Personal photos of individuals when shared online, apart from exhibiting a myriad of memorable details, also reveals a wide range of private information and potentially entails privacy risks (e.g., online harassment, tracking). To mitigate such risks, it is crucial to study techniques that allow individuals to limit the private information leaked in visual data. We tackle this problem in a novel image obfuscation framework: to maximize entropy on inferences over targeted privacy attributes, while retaining image fidelity. We approach the problem based on an encoder-decoder style architecture, with two key novelties: (a) introducing a discriminator to perform bi-directional translation simultaneously from multiple unpaired domains; (b) predicting an image interpolation which maximizes uncertainty over a target set of attributes. We find our approach generates obfuscated images faithful to the original input images, and additionally increase uncertainty by 6.2$\times$ (or up to 0.85 bits) over the non-obfuscated counterparts.

Prediction Poisoning: Utility-Constrained Defenses Against Model Stealing Attacks

With the advances of ML models in recent years, we are seeing an increasing number of real-world commercial applications and services e.g., autonomous vehicles, medical equipment, web APIs emerge. Recent advances in model functionality stealing attacks via black-box access (i.e., inputs in, predictions out) threaten the business model of such ML applications, which require a lot of time, money, and effort to develop. In this paper, we address the issue by studying defenses for model stealing attacks, largely motivated by a lack of effective defenses in literature. We work towards the first defense which introduces targeted perturbations to the model predictions under a utility constraint. Our approach introduces the perturbations targeted towards manipulating the training procedure of the attacker. We evaluate our approach on multiple datasets and attack scenarios across a range of utility constrains. Our results show that it is indeed possible to trade-off utility (e.g., deviation from original prediction, test accuracy) to significantly reduce effectiveness of model stealing attacks.

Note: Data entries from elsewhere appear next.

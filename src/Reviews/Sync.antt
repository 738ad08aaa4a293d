-- ===== src/Reviews/Sync.antt =====
-- The receipts that are VERIFIED and the table of verified receipts, under `review_receipt`
-- (services/enrichment/app/authoritative.py).
use challanse_website.Pipeline.{verified, rejected}
use challanse_website.Reviews.{
  Reviewer, ReviewRequest, ReviewAction, verify, reject, ReviewedReceipt, VerifiedRow, Desk, Texts,
  own_receipt, of_receipt, overwrite, upsert_verified, verified_row, store_verified, reviewed,
  review_found, review_receipt,
}
use challanse_website.Reviews.Versions.{ReviewCall, call, own_some, run}
use challanse_website.Prelude.{
  ℕ, String, ◌≡◌, refl, sym, ap, subst, inl, inr, Bool, true, false, Option, none, some, List, [],
  ◌∷◌, arith, ◌+◌, ◌≤◌, ◌<◌, ◌==◌, ◌!=◌, Bool-cases, nat_beq_iff, find?, find?-append_none,
  find?-append_other, find?-update_found, find?-update_other, exists_in, ok, nat_eq,
}

exists_in-find? :
    (p : VerifiedRow → Bool) (rows : List VerifiedRow) (v : VerifiedRow)
    → find? p rows ≡ some v
    → exists_in p rows ≡ true
exists_in-find? p [] v h = ground (arith, h)
exists_in-find? p (x ∷ rows) v h = ground (arith, h, exists_in-find? p rows v)

find?-none_exists :
    (p : VerifiedRow → Bool) (rows : List VerifiedRow)
    → find? p rows ≡ none
    → exists_in p rows ≡ false
find?-none_exists p [] h = refl
find?-none_exists p (x ∷ rows) h = ground (arith, h, find?-none_exists p rows)

-- The columns that an upsert writes.
abbrev pub Matches : VerifiedRow → VerifiedRow → Type 0
Matches new v =
    (v.po_number ≡ new.po_number)
    × (v.material_code ≡ new.material_code)
    × (v.verified_quantity ≡ new.verified_quantity)
    × (v.unit ≡ new.unit)
    × (v.reviewer_id ≡ new.reviewer_id)
    × (v.review_version ≡ new.review_version)

-- The row of the receipt after an upsert that is newer than what is there.
upsert-own :
    (new : VerifiedRow) (rows : List VerifiedRow) (found : Option VerifiedRow)
    → find? (of_receipt new.receipt_id) rows ≡ found
    → ((v : VerifiedRow) → found ≡ some v → v.review_version < new.review_version)
    → (v : VerifiedRow) × (find? (of_receipt new.receipt_id) (upsert_verified new rows) ≡ some v)
      × Matches new v
unfolding upsert_verified
upsert-own new rows none at h = rw (find?-none_exists (of_receipt new.receipt_id) rows at) (
  new,
  find?-append_none (of_receipt new.receipt_id) rows new at
      ((nat_beq_iff new.receipt_id new.receipt_id).1 refl),
  (refl, refl, refl, refl, refl, refl),
)
upsert-own new rows (some w) at h =
    let newer = h w refl in
    rw (exists_in-find? (of_receipt new.receipt_id) rows w at) (
      overwrite new w,
      find?-update_found (of_receipt new.receipt_id) (overwrite new) rows w (λ y. ground arith) at,
      ground (arith, newer),
    )

upsert-other :
    (new : VerifiedRow) (rows : List VerifiedRow) (id : ℕ)
    → id == new.receipt_id ≡ false
    → find? (of_receipt id) (upsert_verified new rows) ≡ find? (of_receipt id) rows
unfolding upsert_verified
upsert-other new rows id h = elim (Bool-cases (exists_in (of_receipt new.receipt_id) rows)) [
  | inl e ↦ rw e (
      find?-update_other (of_receipt id) (of_receipt new.receipt_id) (overwrite new) rows
        (λ y k. ground (arith, h, k)) (λ y k. ground (arith, h, k)))
  | inr e ↦ rw e (find?-append_other (of_receipt id) rows new (ground (arith, h)))
]

-- A receipt that is VERIFIED has its row, of its version, with the quantity and the texts in upper case;
-- and no row of a receipt is newer than the receipt.
abbrev pub IsListed : Texts → ReviewedReceipt → Option VerifiedRow → Type 0
IsListed texts row none = row.status ≡ verified → ⊥
IsListed texts row (some v) =
    (v.review_version ≤ row.version)
    × (row.status ≡ verified
        → (v.review_version ≡ row.version)
          × (some v.verified_quantity ≡ row.findings.verified_quantity)
          × (v.po_number ≡ texts.upper row.findings.po_number)
          × (v.material_code ≡ texts.upper row.findings.material_code)
          × (v.unit ≡ texts.upper row.findings.unit))

abbrev pub IsInSync : Texts → Option ReviewedReceipt → Option VerifiedRow → Type 0
IsInSync texts none found = found ≡ none
IsInSync texts (some row) found = IsListed texts row found

abbrev pub IsInSyncAt : Texts → ℕ → Desk → Type 0
IsInSyncAt texts id s = IsInSync texts (s.receipts id) (find? (of_receipt id) s.verified_receipts)

IsListed-bound :
    (texts : Texts) (row : ReviewedReceipt) (found : Option VerifiedRow) (v : VerifiedRow)
    → IsListed texts row found
    → found ≡ some v
    → v.review_version < row.version + 1
IsListed-bound texts row none v h e = ground (arith, e)
IsListed-bound texts row (some w) v h e =
    let le : w.review_version ≤ row.version = h.0 in ground (arith, e, le)

IsListed-rejected :
    (texts : Texts) (q : ReviewRequest) (row : ReviewedReceipt) (found : Option VerifiedRow)
    → q.action ≡ reject
    → IsListed texts row found
    → IsListed texts (reviewed texts q row) found
IsListed-rejected texts q row none e h = λ k. ground (arith, e, k)
IsListed-rejected texts q row (some v) e h = (omega (arith, h.0), λ k. ground (arith, e, k))

store-IsListed :
    (texts : Texts) (reviewer : Reviewer) (id : ℕ) (q : ReviewRequest) (row : ReviewedReceipt)
    (rows : List VerifiedRow) (action : ReviewAction)
    → q.action ≡ action
    → IsListed texts row (find? (of_receipt id) rows)
    → IsListed texts
        (reviewed texts q row)
        (find? (of_receipt id) (store_verified texts action reviewer id q (row.version + 1) rows))
store-IsListed texts reviewer id q row rows reject e h =
    IsListed-rejected texts q row (find? (of_receipt id) rows) e h
store-IsListed texts reviewer id q row rows verify e h =
    let new = verified_row texts reviewer id q (row.version + 1) in
    let (v, found, (po, material, quantity, unit, who, version)) =
      upsert-own new rows (find? (of_receipt id) rows) refl
        (λ v k. IsListed-bound texts row (find? (of_receipt id) rows) v h k) in
    rw found (omega (arith, version), λ k. (version, ap some quantity, po, material, unit))

store-other :
    (texts : Texts) (reviewer : Reviewer) (id i : ℕ) (q : ReviewRequest) (version : ℕ)
    (rows : List VerifiedRow) (action : ReviewAction)
    → i == id ≡ false
    → find? (of_receipt i) (store_verified texts action reviewer id q version rows)
      ≡ find? (of_receipt i) rows
store-other texts reviewer id i q version rows reject h = refl
store-other texts reviewer id i q version rows verify h =
    upsert-other (verified_row texts reviewer id q version) rows i h

module _ (texts : Texts) where
  review_found-IsInSync :
      (reviewer : Reviewer) (id : ℕ) (q : ReviewRequest) (source : String) (now : ℕ)
      (found : Option ReviewedReceipt) (i : ℕ) (s : Desk)
      → own_receipt reviewer (s.receipts id) ≡ found
      → IsInSyncAt texts i s
      → IsInSyncAt texts i (review_found texts reviewer id q source now found s).1
  unfolding review_found
  review_found-IsInSync reviewer id q source now none i s at h = h
  review_found-IsInSync reviewer id q source now (some row) i s at h =
      elim (Bool-cases (row.version != q.version)) [
        | inl e ↦ rw e h
        | inr e ↦ rw e (elim (Bool-cases (i == id)) [
          | inl same ↦
              let here : i ≡ id = (nat_beq_iff i id).0 same in
              let there = own_some reviewer (s.receipts id) row at in
              let old : IsListed texts row (find? (of_receipt id) s.verified_receipts) =
                subst (λ found. IsInSync texts found (find? (of_receipt id) s.verified_receipts))
                  there.0 (subst (λ j. IsInSyncAt texts j s) here h) in
              let new =
                store-IsListed texts reviewer id q row s.verified_receipts q.action refl old in
              rw same (
                subst
                  (λ j. IsListed texts (reviewed texts q row) (
                    find? (of_receipt j) (
                      store_verified texts q.action reviewer id q (row.version + 1)
                        s.verified_receipts)))
                  (sym here) new)
          | inr other ↦ rw other (
              rw
                (store-other texts reviewer id i q (row.version + 1) s.verified_receipts q.action
                  other)
                h)
        ])
      ]

  call-IsInSync :
      (c : ReviewCall) (i : ℕ) (s : Desk)
      → IsInSyncAt texts i s
      → IsInSyncAt texts i (call texts c s).1
  unfolding review_receipt
  call-IsInSync c i s h =
      review_found-IsInSync c.reviewer c.receipt_id c.request c.source_class c.now
        (own_receipt c.reviewer (s.receipts c.receipt_id)) i s refl h

  -- Whatever reviewers decide, in any order: a receipt that is VERIFIED keeps its row in the verified
  -- receipts, which carries the version of the receipt, its quantity, and its texts in upper case, and
  -- no row of the verified receipts is newer than its receipt.
  pub run-IsInSync :
      (cs : List ReviewCall) (i : ℕ) (s : Desk)
      → IsInSyncAt texts i s
      → IsInSyncAt texts i (run texts cs s)
  unfolding run
  run-IsInSync [] i s h = h
  run-IsInSync (c ∷ cs) i s h = run-IsInSync cs i (call texts c s).1 (call-IsInSync c i s h)

  -- A receipt that is rejected after it was verified keeps the row that it had in the verified
  -- receipts, so it counts on in the reconciliation.
  rejected_still_listed :
      (reviewer : Reviewer) (id : ℕ) (q : ReviewRequest) (source : String) (now : ℕ) (s : Desk)
      (row : ReviewedReceipt) (v : VerifiedRow)
      → s.receipts id ≡ some row
      → row.site_id ≡ reviewer.site_id
      → q.action ≡ reject
      → q.version ≡ row.version
      → find? (of_receipt id) s.verified_receipts ≡ some v
      → let reply = review_receipt texts reviewer id q source now s in
        (reply.0 ≡ ok (rejected, row.version + 1))
        × (find? (of_receipt id) reply.1.verified_receipts ≡ some v)
  unfolding review_receipt review_found
  rejected_still_listed reviewer id q source now s row v at site action version listed =
      rw at (rw site (rw version (rw action (ground (arith, listed)))))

Knockoff Nets: Stealing Functionality of Black-Box Models

Machine Learning (ML) models are increasingly deployed in the wild to perform a wide range of tasks. In this work, we ask to what extent can an adversary steal functionality of such "victim" models based solely on blackbox interactions: image in, predictions out. In contrast to prior work, we present an adversary lacking knowledge of train/test data used by the model, its internals, and semantics over model outputs. We formulate model functionality stealing as a two-step approach: (i) querying a set of input images to the blackbox model to obtain predictions; and (ii) training a "knockoff" with queried image-prediction pairs. We make multiple remarkable observations: (a) querying random images from a different distribution than that of the blackbox training data results in a well-performing knockoff; (b) this is possible even when the knockoff is represented using a different architecture; and (c) our reinforcement learning approach additionally improves query sample efficiency in certain settings and provides performance gains. We validate model functionality stealing on a range of datasets and tasks, as well as on a popular image analysis API where we create a reasonable knockoff for as little as $30.